Records for processing —
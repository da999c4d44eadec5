-- ===== src/StatusList/Revoked.antt =====
-- No entry of a revoked anchor is live, and no two entries share a bit.
use minister.Common.{
  ℕ, String, ◌≡◌, ◌≢◌, refl, sym, ap, ◌∙◌, inl, inr, Bool, true, false, not, ◌&&◌, ◌||◌, Option,
  none, some, List, [], ◌∷◌, map, any, arith, nat_beq, if◌then◌else◌, Bool-cases, In, map-In,
  In-cases, Entries, lookup, string_eq, same_refl, ◌==◌,
}
use minister.StatusList.Registry.{
  StatusEntry, Registry, is_entry_of, find_existing, is_set, force_revoke_entry, draw_bit,
  or_revoked,
}

abbrev pub is_at : String → ℕ → StatusEntry → Bool
is_at list_id bit e = (e.list_id == list_id) && nat_beq e.bit_index bit

-- One entry for an anchor and a client, and one for a bit of a list.
unfoldable pub AreApart : List StatusEntry → Type 0
AreApart [] = Unit
AreApart (e ∷ es) =
    (any (is_entry_of e.status_anchor e.client_id) es ≡ false)
    × (any (is_at e.list_id e.bit_index) es ≡ false)
    × AreApart es

-- Every entry of an anchor that is revoked is revoked.
unfoldable pub AreRevoked : Entries String ℕ → List StatusEntry → Type 0
AreRevoked revocations entries =
    (e : StatusEntry)
    → In e entries
    → is_set (lookup revocations e.status_anchor) ≡ true
    → is_set e.revoked_at ≡ true

unfoldable pub AreSound : Registry → Type 0
AreSound store = AreApart store.entries × AreRevoked store.revocations store.entries

pub some-none : {A : Type 0} {a : A} → some a ≢ none
some-none e = cc

pub some-same : {A : Type 0} {a b : A} → some a ≡ some b → a ≡ b
some-same e = cc

not-both : (a b : Bool) → (a || b) ≡ false → b ≢ true
not-both a b h = ground arith

any-map :
    (p : StatusEntry → Bool) (g : StatusEntry → StatusEntry) (entries : List StatusEntry)
    → ((e : StatusEntry) → p (g e) ≡ p e)
    → any p (map g entries) ≡ any p entries
any-map p g [] h = refl
any-map p g (e ∷ es) h = rw (h e, any-map p g es h) refl

-- A change of the times of some entries.
module _ (test : StatusEntry → Bool) (revoked_at reveal_after : StatusEntry → Option ℕ) where
  abbrev pub stamp : StatusEntry → StatusEntry
  stamp e =
      if test e then record e { revoked_at = revoked_at e; reveal_after = reveal_after e } else e

  pub stamp-same :
      {A : Type 0} (field : StatusEntry → A) (e : StatusEntry)
      → field (record e { revoked_at = revoked_at e; reveal_after = reveal_after e }) ≡ field e
      → field (stamp e) ≡ field e
  stamp-same field e h = elim (Bool-cases (test e)) [
    | inl yes_it ↦ rw yes_it h
    | inr not_it ↦ rw not_it refl
  ]

  pub stamp-AreApart :
      (entries : List StatusEntry) → AreApart entries → AreApart (map stamp entries)
  unfolding AreApart is_entry_of
  stamp-AreApart [] h = tt
  stamp-AreApart (e ∷ es) h = (
    ap (λ a. any (is_entry_of a (stamp e).client_id) (map stamp es))
          (stamp-same (λ x. x.status_anchor) e refl)
        ∙ ap (λ c. any (is_entry_of e.status_anchor c) (map stamp es))
            (stamp-same (λ x. x.client_id) e refl)
        ∙ any-map (is_entry_of e.status_anchor e.client_id) stamp es
            (λ x. stamp-same (is_entry_of e.status_anchor e.client_id) x refl)
        ∙ h.0,
    ap (λ l. any (is_at l (stamp e).bit_index) (map stamp es)) (stamp-same (λ x. x.list_id) e refl)
        ∙ ap (λ b. any (is_at e.list_id b) (map stamp es)) (stamp-same (λ x. x.bit_index) e refl)
        ∙ any-map (is_at e.list_id e.bit_index) stamp es
            (λ x. stamp-same (is_at e.list_id e.bit_index) x refl)
        ∙ h.1,
    stamp-AreApart es h.2,
  )

  -- The times that are stamped are times.
  module _ (stamped : (e : StatusEntry) → is_set (revoked_at e) ≡ true) where
    pub stamp-keeps :
        (e : StatusEntry) → is_set e.revoked_at ≡ true → is_set (stamp e).revoked_at ≡ true
    stamp-keeps e h = elim (Bool-cases (test e)) [
      | inl yes_it ↦ rw yes_it (stamped e)
      | inr not_it ↦ rw not_it h
    ]

    pub stamp-sets :
        (e : StatusEntry) → test e ≡ not (is_set e.revoked_at) → is_set (stamp e).revoked_at ≡ true
    stamp-sets e h = elim (Bool-cases (is_set e.revoked_at)) [
      | inl set_it ↦ stamp-keeps e set_it
      | inr not_it ↦ let it : test e ≡ true = h ∙ ap not not_it in rw it (stamped e)
    ]

    pub stamp-AreRevoked :
        (revocations : Entries String ℕ) (entries : List StatusEntry)
        → AreRevoked revocations entries
        → AreRevoked revocations (map stamp entries)
    unfolding AreRevoked
    stamp-AreRevoked revocations entries h x m r =
        let (old, n, p) = map-In stamp x entries m in
        let a : x.status_anchor ≡ old.status_anchor =
          ap (λ (y : StatusEntry). y.status_anchor) p
          ∙ stamp-same (λ y. y.status_anchor) old refl in
        ap (λ (y : StatusEntry). is_set y.revoked_at) p
        ∙ stamp-keeps old (h old n (ap (λ k. is_set (lookup revocations k)) (sym a) ∙ r))

abbrev force_test : String → String → StatusEntry → Bool
force_test anchor client e = is_entry_of anchor client e && not (is_set e.revoked_at)

abbrev pub revoke_test : String → StatusEntry → Bool
revoke_test anchor e = (e.status_anchor == anchor) && not (is_set e.revoked_at)

cons-AreRevoked :
    (revocations : Entries String ℕ) (e : StatusEntry) (entries : List StatusEntry)
    → (is_set (lookup revocations e.status_anchor) ≡ true → is_set e.revoked_at ≡ true)
    → AreRevoked revocations entries
    → AreRevoked revocations (e ∷ entries)
unfolding AreRevoked
cons-AreRevoked revocations e entries head h x m r = elim (In-cases m) [
  | inl p ↦
      ap (λ (y : StatusEntry). is_set y.revoked_at) p
      ∙ head (ap (λ (y : StatusEntry). is_set (lookup revocations y.status_anchor)) (sym p) ∙ r)
  | inr later ↦ h x later r
]

own-test : (e : StatusEntry) → force_test e.status_anchor e.client_id e ≡ not (is_set e.revoked_at)
unfolding is_entry_of
own-test e = rw (same_refl e.status_anchor, same_refl e.client_id) refl

-- A new entry is revoked if its anchor is.
pub or_revoked-AreRevoked :
    (now : ℕ) (first : Bool) (revocations : Entries String ℕ) (e : StatusEntry)
    (entries : List StatusEntry)
    → AreRevoked revocations entries
    → AreRevoked revocations (
        or_revoked
          (first || is_set (lookup revocations e.status_anchor))
          now
          e.status_anchor
          e.client_id
          (e ∷ entries))
unfolding or_revoked force_revoke_entry is_set
or_revoked-AreRevoked now first revocations e entries h =
    let force = stamp (force_test e.status_anchor e.client_id) (λ _. some now) (λ _. some now) in
    elim (Bool-cases (first || is_set (lookup revocations e.status_anchor))) [
      | inl yes_it ↦ rw yes_it (
          cons-AreRevoked revocations (force e) (map force entries)
            (λ _.
              stamp-sets (force_test e.status_anchor e.client_id) (λ _. some now) (λ _. some now)
                (λ _. refl) e (own-test e))
            (stamp-AreRevoked (force_test e.status_anchor e.client_id) (λ _. some now)
              (λ _. some now) (λ _. refl) revocations entries h))
      | inr not_it ↦
          rw not_it
            (cons-AreRevoked revocations e entries (λ r. absurd (not-both first _ not_it r)) h)
    ]

pub or_revoked-AreApart :
    (flag : Bool) (now : ℕ) (anchor client : String) (entries : List StatusEntry)
    → AreApart entries
    → AreApart (or_revoked flag now anchor client entries)
unfolding or_revoked force_revoke_entry
or_revoked-AreApart true now anchor client entries h =
    stamp-AreApart (force_test anchor client) (λ _. some now) (λ _. some now) entries h
or_revoked-AreApart false now anchor client entries h = h

pub same-AreRevoked :
    (flag : Bool) (now : ℕ) (anchor client : String) (revocations : Entries String ℕ)
    (entries : List StatusEntry)
    → AreRevoked revocations entries
    → AreRevoked revocations (or_revoked flag now anchor client entries)
unfolding or_revoked force_revoke_entry is_set
same-AreRevoked true now anchor client revocations entries h =
    stamp-AreRevoked (force_test anchor client) (λ _. some now) (λ _. some now) (λ _. refl)
      revocations entries h
same-AreRevoked false now anchor client revocations entries h = h

pub none-of :
    (anchor client : String) (entries : List StatusEntry)
    → find_existing anchor client entries ≡ none
    → any (is_entry_of anchor client) entries ≡ false
unfolding find_existing
none-of anchor client [] h = refl
none-of anchor client (e ∷ es) h = elim (Bool-cases (is_entry_of anchor client e)) [
  | inl found ↦ absurd (some-none (rw found at h))
  | inr differs ↦ rw differs (none-of anchor client es (rw differs at h))
]

pub draw_bit-free :
    (list_id : String) (draws : List ℕ) (entries : List StatusEntry) (bit : ℕ)
    → draw_bit list_id draws entries ≡ some bit
    → any (is_at list_id bit) entries ≡ false
unfolding draw_bit
draw_bit-free list_id [] entries bit h = absurd (some-none (sym h))
draw_bit-free list_id (b ∷ draws) entries bit h =
    elim (Bool-cases (any (is_at list_id b) entries)) [
      | inl taken ↦ draw_bit-free list_id draws entries bit (rw taken at h)
      | inr free ↦
          let p : b ≡ bit = some-same (rw free at h) in
          ap (λ k. any (is_at list_id k) entries) (sym p) ∙ free
    ]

Try it — Reproduce word for word the material above, beginning with the line that contains "some a ≢ none" and ending with the line that contains "x.bit_index) e refl)".

Answer to this problem —
pub some-none : {A : Type 0} {a : A} → some a ≢ none
some-none e = cc

pub some-same : {A : Type 0} {a b : A} → some a ≡ some b → a ≡ b
some-same e = cc

not-both : (a b : Bool) → (a || b) ≡ false → b ≢ true
not-both a b h = ground arith

any-map :
    (p : StatusEntry → Bool) (g : StatusEntry → StatusEntry) (entries : List StatusEntry)
    → ((e : StatusEntry) → p (g e) ≡ p e)
    → any p (map g entries) ≡ any p entries
any-map p g [] h = refl
any-map p g (e ∷ es) h = rw (h e, any-map p g es h) refl

-- A change of the times of some entries.
module _ (test : StatusEntry → Bool) (revoked_at reveal_after : StatusEntry → Option ℕ) where
  abbrev pub stamp : StatusEntry → StatusEntry
  stamp e =
      if test e then record e { revoked_at = revoked_at e; reveal_after = reveal_after e } else e

  pub stamp-same :
      {A : Type 0} (field : StatusEntry → A) (e : StatusEntry)
      → field (record e { revoked_at = revoked_at e; reveal_after = reveal_after e }) ≡ field e
      → field (stamp e) ≡ field e
  stamp-same field e h = elim (Bool-cases (test e)) [
    | inl yes_it ↦ rw yes_it h
    | inr not_it ↦ rw not_it refl
  ]

  pub stamp-AreApart :
      (entries : List StatusEntry) → AreApart entries → AreApart (map stamp entries)
  unfolding AreApart is_entry_of
  stamp-AreApart [] h = tt
  stamp-AreApart (e ∷ es) h = (
    ap (λ a. any (is_entry_of a (stamp e).client_id) (map stamp es))
          (stamp-same (λ x. x.status_anchor) e refl)
        ∙ ap (λ c. any (is_entry_of e.status_anchor c) (map stamp es))
            (stamp-same (λ x. x.client_id) e refl)
        ∙ any-map (is_entry_of e.status_anchor e.client_id) stamp es
            (λ x. stamp-same (is_entry_of e.status_anchor e.client_id) x refl)
        ∙ h.0,
    ap (λ l. any (is_at l (stamp e).bit_index) (map stamp es)) (stamp-same (λ x. x.list_id) e refl)
        ∙ ap (λ b. any (is_at e.list_id b) (map stamp es)) (stamp-same (λ x. x.bit_index) e refl)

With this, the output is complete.